Task instructions: In your answer, transcribe all of the data exactly.

....

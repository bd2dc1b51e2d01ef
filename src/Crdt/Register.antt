-- ===== src/Crdt/Register.antt =====
-- A register that keeps the best of the values that it receives, for any comparison with the laws
-- of a preorder: what the books hold at one key.
use lightning_mesh.Prelude.{
  Ordering, lt, eq, gt, ◌≡◌, ◌≢◌, ◌⊎◌, ◌↔◌, inl, inr, refl, sym, ap, ◌∙◌, List, [], ◌∷◌, Option,
  none, some, arith, In, Ordering-cases,
}
use lightning_mesh.Order.{IsTotalOrder, and_then}

-- The laws of a comparison that does not tell all values apart.
pub record IsRanking {ℓ} {V : Type ℓ} (rank : V → V → Ordering) : Type ℓ where
  pub rank_refl : (a : V) → rank a a ≡ eq
  pub below_of_gt : (a b : V) → rank a b ≡ gt → rank b a ≡ lt
  pub above_of_lt : (a b : V) → rank a b ≡ lt → rank b a ≡ gt
  pub le_trans : (a b c : V) → rank a b ≢ gt → rank b c ≢ gt → rank a c ≢ gt

-- A lawful comparison of a part of the values ranks them.
pub IsRanking-by {ℓ κ} :
    {V : Type ℓ} {K : Type κ} {cmp : K → K → Ordering} (f : V → K)
    → IsTotalOrder cmp
    → IsRanking {V = V} (λ a b. cmp (f a) (f b))
IsRanking-by f l = record {
  rank_refl = λ a. l.cmp_self (f a);
  below_of_gt = λ a b. l.below_of_gt (f a) (f b);
  above_of_lt = λ a b. l.above_of_lt (f a) (f b);
  le_trans = λ a b c h k.
      ground
        (arith, l.same_of_eq (f a) (f b), l.same_of_eq (f b) (f c), l.cmp_trans (f a) (f b) (f c));
}

module _ {ℓ} {V : Type ℓ} {rank : V → V → Ordering} (l : IsRanking rank) where
  -- The lower value ranks higher.
  pub IsRanking-flip : IsRanking {V = V} (λ a b. rank b a)
  IsRanking-flip = record {
    rank_refl = l.rank_refl;
    below_of_gt = λ a b. l.below_of_gt b a;
    above_of_lt = λ a b. l.above_of_lt b a;
    le_trans = λ a b c h k. l.le_trans c b a k h;
  }

  -- Values of equal rank are told apart by a second ranking.
  pub IsRanking-then :
      {next : V → V → Ordering}
      → IsRanking next
      → IsRanking {V = V} (λ a b. and_then (rank a b) (next a b))
  IsRanking-then {next} n = record {
    rank_refl = λ a. ground (arith, l.rank_refl a, n.rank_refl a);
    below_of_gt = λ a b.
        ground (arith, l.below_of_gt a b, l.below_of_gt b a, l.above_of_lt b a, n.below_of_gt a b);
    above_of_lt = λ a b.
        ground (arith, l.above_of_lt a b, l.below_of_gt b a, l.above_of_lt b a, n.above_of_lt a b);
    le_trans = λ a b c h k. ground (
      arith,
      l.le_trans a b c,
      l.le_trans b c a,
      l.le_trans c a b,
      l.below_of_gt a b,
      l.above_of_lt a b,
      l.below_of_gt b c,
      l.above_of_lt b c,
      l.below_of_gt c a,
      l.above_of_lt c a,
      n.le_trans a b c,
    );
  }

module _ {ℓ} {V : Type ℓ} (rank : V → V → Ordering) where
  -- The new value replaces the old one only if it ranks strictly higher.
  abbrev pub keep : V → V → V
  keep old new = elim (rank new old) [ gt ↦ new | _ ↦ old ]

  abbrev pub offer : Option V → V → Option V
  offer none new = some new
  offer (some old) new = some (keep old new)

  unfoldable pub settle : Option V → List V → Option V
  settle o [] = o
  settle o (v ∷ vs) = settle (offer o v) vs

  -- Values that rank equal are the same value.
  abbrev pub AreDistinct : List V → Type ℓ
  AreDistinct vs = (a b : V) → In a vs → In b vs → rank a b ≡ eq → a ≡ b

  abbrev pub IsBest : V → List V → Type ℓ
  IsBest best vs = In best vs × ((v : V) → In v vs → rank v best ≢ gt)

module _ {ℓ} {V : Type ℓ} {rank : V → V → Ordering} (lawful : IsRanking rank) where
  keep_le : (old new : V) → rank old (keep rank old new) ≢ gt
  keep_le old new = ground (arith, lawful.rank_refl old, lawful.below_of_gt new old)

  keep_ge : (old new : V) → rank new (keep rank old new) ≢ gt
  keep_ge old new = ground (arith, lawful.rank_refl new)

  -- What is kept is the old value or the new one.
  keep-cases : (old new : V) → (keep rank old new ≡ old) ⊎ (keep rank old new ≡ new)
  keep-cases old new = elim (Ordering-cases (rank new old)) [
    | inl e ↦ inr (rw (e, keep))
    | inr (inl e) ↦ inl (rw (e, keep))
    | inr (inr e) ↦ inl (rw (e, keep))
  ]

  pub In-keep :
      (old new v : V) (vs : List V) → In v (keep rank old new ∷ vs) → In v (old ∷ new ∷ vs)
  In-keep old new v vs (inl e) = elim (keep-cases old new) [
    | inl o ↦ inl (e ∙ o)
    | inr n ↦ inr (inl (e ∙ n))
  ]
  In-keep old new v vs (inr i) = inr (inr i)

  keep-top :
      (old new best : V) (vs : List V)
      → ((v : V) → In v (keep rank old new ∷ vs) → rank v best ≢ gt)
      → (v : V) → In v (old ∷ new ∷ vs)
      → rank v best ≢ gt
  keep-top old new best vs top v (inl e) =
      rw e (lawful.le_trans old (keep rank old new) best (keep_le old new) (top _ (inl refl)))
  keep-top old new best vs top v (inr (inl e)) =
      rw e (lawful.le_trans new (keep rank old new) best (keep_ge old new) (top _ (inl refl)))
  keep-top old new best vs top v (inr (inr i)) = top v (inr i)

  -- From a held value the register ends with the best of it and of the values received.
  pub settle-IsBest :
      (old : V) (vs : List V)
      → (best : V) × (settle rank (some old) vs ≡ some best) × IsBest rank best (old ∷ vs)
  unfolding settle
  settle-IsBest old [] = (old, refl, (inl refl, top))
    where
      top : (v : V) → In v (old ∷ []) → rank v old ≢ gt
      top v (inl e) = rw e (ground (arith, lawful.rank_refl old))
      top v (inr i) = elim i [ ]
  settle-IsBest old (new ∷ vs) =
      let (best, e, (mem, top)) = settle-IsBest (keep rank old new) vs in
      (best, e, (In-keep old new best vs mem, keep-top old new best vs top))

  -- Two of the best are one, where values that rank equal are the same.
  IsBest-unique :
      (a b : V) (vs : List V) → AreDistinct rank vs → IsBest rank a vs → IsBest rank b vs → a ≡ b
  IsBest-unique a b vs d (ma, ta) (mb, tb) =
      d a b ma mb (ground (arith, lawful.above_of_lt a b, ta b mb, tb a ma))

  settle-none-IsBest :
      (v : V) (vs : List V)
      → (best : V) × (settle rank none (v ∷ vs) ≡ some best) × IsBest rank best (v ∷ vs)
  unfolding settle
  settle-none-IsBest v vs = settle-IsBest v vs

  -- The register depends on the set of values received, and not on their order or repetition.
  pub settle_converges :
      (vs ws : List V)
      → AreDistinct rank vs
      → ((v : V) → In v vs ↔ In v ws)
      → settle rank none vs ≡ settle rank none ws
  settle_converges [] [] d same = refl
  settle_converges [] (w ∷ ws) d same = elim ((same w).1 (inl refl)) [ ]
  settle_converges (v ∷ vs) [] d same = elim ((same v).0 (inl refl)) [ ]
  settle_converges (v ∷ vs) (w ∷ ws) d same =
      let (a, ea, (ma, ta)) = settle-none-IsBest v vs in
      let (b, eb, (mb, tb)) = settle-none-IsBest w ws in
      let b_best : IsBest rank b (v ∷ vs) = ((same b).1 mb, λ x i. tb x ((same x).0 i)) in
      ea ∙ ap some (IsBest-unique a b (v ∷ vs) d (ma, ta) b_best) ∙ sym eb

....

Answer box:
repository bd2dc1b51e2d01ef
filename src/Crdt/Register.antt
-- ===== src/Crdt/Register.antt =====
-- A register that keeps the best of the values that it receives, for any comparison with the laws
-- of a preorder: what the books hold at one key.
use lightning_mesh.Prelude.{
  Ordering, lt, eq, gt, ◌≡◌, ◌≢◌, ◌⊎◌, ◌↔◌, inl, inr, refl, sym, ap, ◌∙◌, List, [], ◌∷◌, Option,
  none, some, arith, In, Ordering-cases,
}
use lightning_mesh.Order.{IsTotalOrder, and_then}

-- The laws of a comparison that does not tell all values apart.
pub record IsRanking {ℓ} {V : Type ℓ} (rank : V → V → Ordering) : Type ℓ where
  pub rank_refl : (a : V) → rank a a ≡ eq
  pub below_of_gt : (a b : V) → rank a b ≡ gt → rank b a ≡ lt
  pub above_of_lt : (a b : V) → rank a b ≡ lt → rank b a ≡ gt
  pub le_trans : (a b c : V) → rank a b ≢ gt → rank b c ≢ gt → rank a c ≢ gt

-- A lawful comparison of a part of the values ranks them.
pub IsRanking-by {ℓ κ} :
    {V : Type ℓ} {K : Type κ} {cmp : K → K → Ordering} (f : V → K)
    → IsTotalOrder cmp
    → IsRanking {V = V} (λ a b. cmp (f a) (f b))
IsRanking-by f l = record {
  rank_refl = λ a. l.cmp_self (f a);
  below_of_gt = λ a b. l.below_of_gt (f a) (f b);
  above_of_lt = λ a b. l.above_of_lt (f a) (f b);
  le_trans = λ a b c h k.
      ground
        (arith, l.same_of_eq (f a) (f b), l.same_of_eq (f b) (f c), l.cmp_trans (f a) (f b) (f c));
}

module _ {ℓ} {V : Type ℓ} {rank : V → V → Ordering} (l : IsRanking rank) where
  -- The lower value ranks higher.
  pub IsRanking-flip : IsRanking {V = V} (λ a b. rank b a)
  IsRanking-flip = record {
    rank_refl = l.rank_refl;
    below_of_gt = λ a b. l.below_of_gt b a;
    above_of_lt = λ a b. l.above_of_lt b a;
    le_trans = λ a b c h k. l.le_trans c b a k h;
  }

  -- Values of equal rank are told apart by a second ranking.
  pub IsRanking-then :
      {next : V → V → Ordering}
      → IsRanking next
      → IsRanking {V = V} (λ a b. and_then (rank a b) (next a b))
  IsRanking-then {next} n = record {
    rank_refl = λ a. ground (arith, l.rank_refl a, n.rank_refl a);
    below_of_gt = λ a b.
        ground (arith, l.below_of_gt a b, l.below_of_gt b a, l.above_of_lt b a, n.below_of_gt a b);
    above_of_lt = λ a b.
        ground (arith, l.above_of_lt a b, l.below_of_gt b a, l.above_of_lt b a, n.above_of_lt a b);
    le_trans = λ a b c h k. ground (
      arith,
      l.le_trans a b c,
      l.le_trans b c a,
      l.le_trans c a b,
      l.below_of_gt a b,
      l.above_of_lt a b,
      l.below_of_gt b c,
      l.above_of_lt b c,
      l.below_of_gt c a,
      l.above_of_lt c a,
      n.le_trans a b c,
    );
  }

module _ {ℓ} {V : Type ℓ} (rank : V → V → Ordering) where
  -- The new value replaces the old one only if it ranks strictly higher.
  abbrev pub keep : V → V → V
  keep old new = elim (rank new old) [ gt ↦ new | _ ↦ old ]

  abbrev pub offer : Option V → V → Option V
  offer none new = some new
  offer (some old) new = some (keep old new)

  unfoldable pub settle : Option V → List V → Option V
  settle o [] = o
  settle o (v ∷ vs) = settle (offer o v) vs

  -- Values that rank equal are the same value.
  abbrev pub AreDistinct : List V → Type ℓ
  AreDistinct vs = (a b : V) → In a vs → In b vs → rank a b ≡ eq → a ≡ b

  abbrev pub IsBest : V → List V → Type ℓ
  IsBest best vs = In best vs × ((v : V) → In v vs → rank v best ≢ gt)

module _ {ℓ} {V : Type ℓ} {rank : V → V → Ordering} (lawful : IsRanking rank) where
  keep_le : (old new : V) → rank old (keep rank old new) ≢ gt
  keep_le old new = ground (arith, lawful.rank_refl old, lawful.below_of_gt new old)

  keep_ge : (old new : V) → rank new (keep rank old new) ≢ gt
  keep_ge old new = ground (arith, lawful.rank_refl new)

  -- What is kept is the old value or the new one.
  keep-cases : (old new : V) → (keep rank old new ≡ old) ⊎ (keep rank old new ≡ new)
  keep-cases old new = elim (Ordering-cases (rank new old)) [
    | inl e ↦ inr (rw (e, keep))
    | inr (inl e) ↦ inl (rw (e, keep))
    | inr (inr e) ↦ inl (rw (e, keep))
  ]

  pub In-keep :
      (old new v : V) (vs : List V) → In v (keep rank old new ∷ vs) → In v (old ∷ new ∷ vs)
  In-keep old new v vs (inl e) = elim (keep-cases old new) [
    | inl o ↦ inl (e ∙ o)
    | inr n ↦ inr (inl (e ∙ n))
  ]
  In-keep old new v vs (inr i) = inr (inr i)

  keep-top :
      (old new best : V) (vs : List V)
      → ((v : V) → In v (keep rank old new ∷ vs) → rank v best ≢ gt)
      → (v : V) → In v (old ∷ new ∷ vs)
      → rank v best ≢ gt
  keep-top old new best vs top v (inl e) =
      rw e (lawful.le_trans old (keep rank old new) best (keep_le old new) (top _ (inl refl)))
  keep-top old new best vs top v (inr (inl e)) =
      rw e (lawful.le_trans new (keep rank old new) best (keep_ge old new) (top _ (inl refl)))
  keep-top old new best vs top v (inr (inr i)) = top v (inr i)

  -- From a held value the register ends with the best of it and of the values received.
  pub settle-IsBest :
      (old : V) (vs : List V)
      → (best : V) × (settle rank (some old) vs ≡ some best) × IsBest rank best (old ∷ vs)
  unfolding settle
  settle-IsBest old [] = (old, refl, (inl refl, top))
    where
      top : (v : V) → In v (old ∷ []) → rank v old ≢ gt
      top v (inl e) = rw e (ground (arith, lawful.rank_refl old))
      top v (inr i) = elim i [ ]
  settle-IsBest old (new ∷ vs) =
      let (best, e, (mem, top)) = settle-IsBest (keep rank old new) vs in
      (best, e, (In-keep old new best vs mem, keep-top old new best vs top))

  -- Two of the best are one, where values that rank equal are the same.
  IsBest-unique :
      (a b : V) (vs : List V) → AreDistinct rank vs → IsBest rank a vs → IsBest rank b vs → a ≡ b
  IsBest-unique a b vs d (ma, ta) (mb, tb) =
      d a b ma mb (ground (arith, lawful.above_of_lt a b, ta b mb, tb a ma))

  settle-none-IsBest :
      (v : V) (vs : List V)
      → (best : V) × (settle rank none (v ∷ vs) ≡ some best) × IsBest rank best (v ∷ vs)
  unfolding settle
  settle-none-IsBest v vs = settle-IsBest v vs

  -- The register depends on the set of values received, and not on their order or repetition.
  pub settle_converges :
      (vs ws : List V)
      → AreDistinct rank vs
      → ((v : V) → In v vs ↔ In v ws)
      → settle rank none vs ≡ settle rank none ws
  settle_converges [] [] d same = refl
  settle_converges [] (w ∷ ws) d same = elim ((same w).1 (inl refl)) [ ]
  settle_converges (v ∷ vs) [] d same = elim ((same v).0 (inl refl)) [ ]
  settle_converges (v ∷ vs) (w ∷ ws) d same =
      let (a, ea, (ma, ta)) = settle-none-IsBest v vs in
      let (b, eb, (mb, tb)) = settle-none-IsBest w ws in
      let b_best : IsBest rank b (v ∷ vs) = ((same b).1 mb, λ x i. tb x ((same x).0 i)) in
      ea ∙ ap some (IsBest-unique a b (v ∷ vs) d (ma, ta) b_best) ∙ sym eb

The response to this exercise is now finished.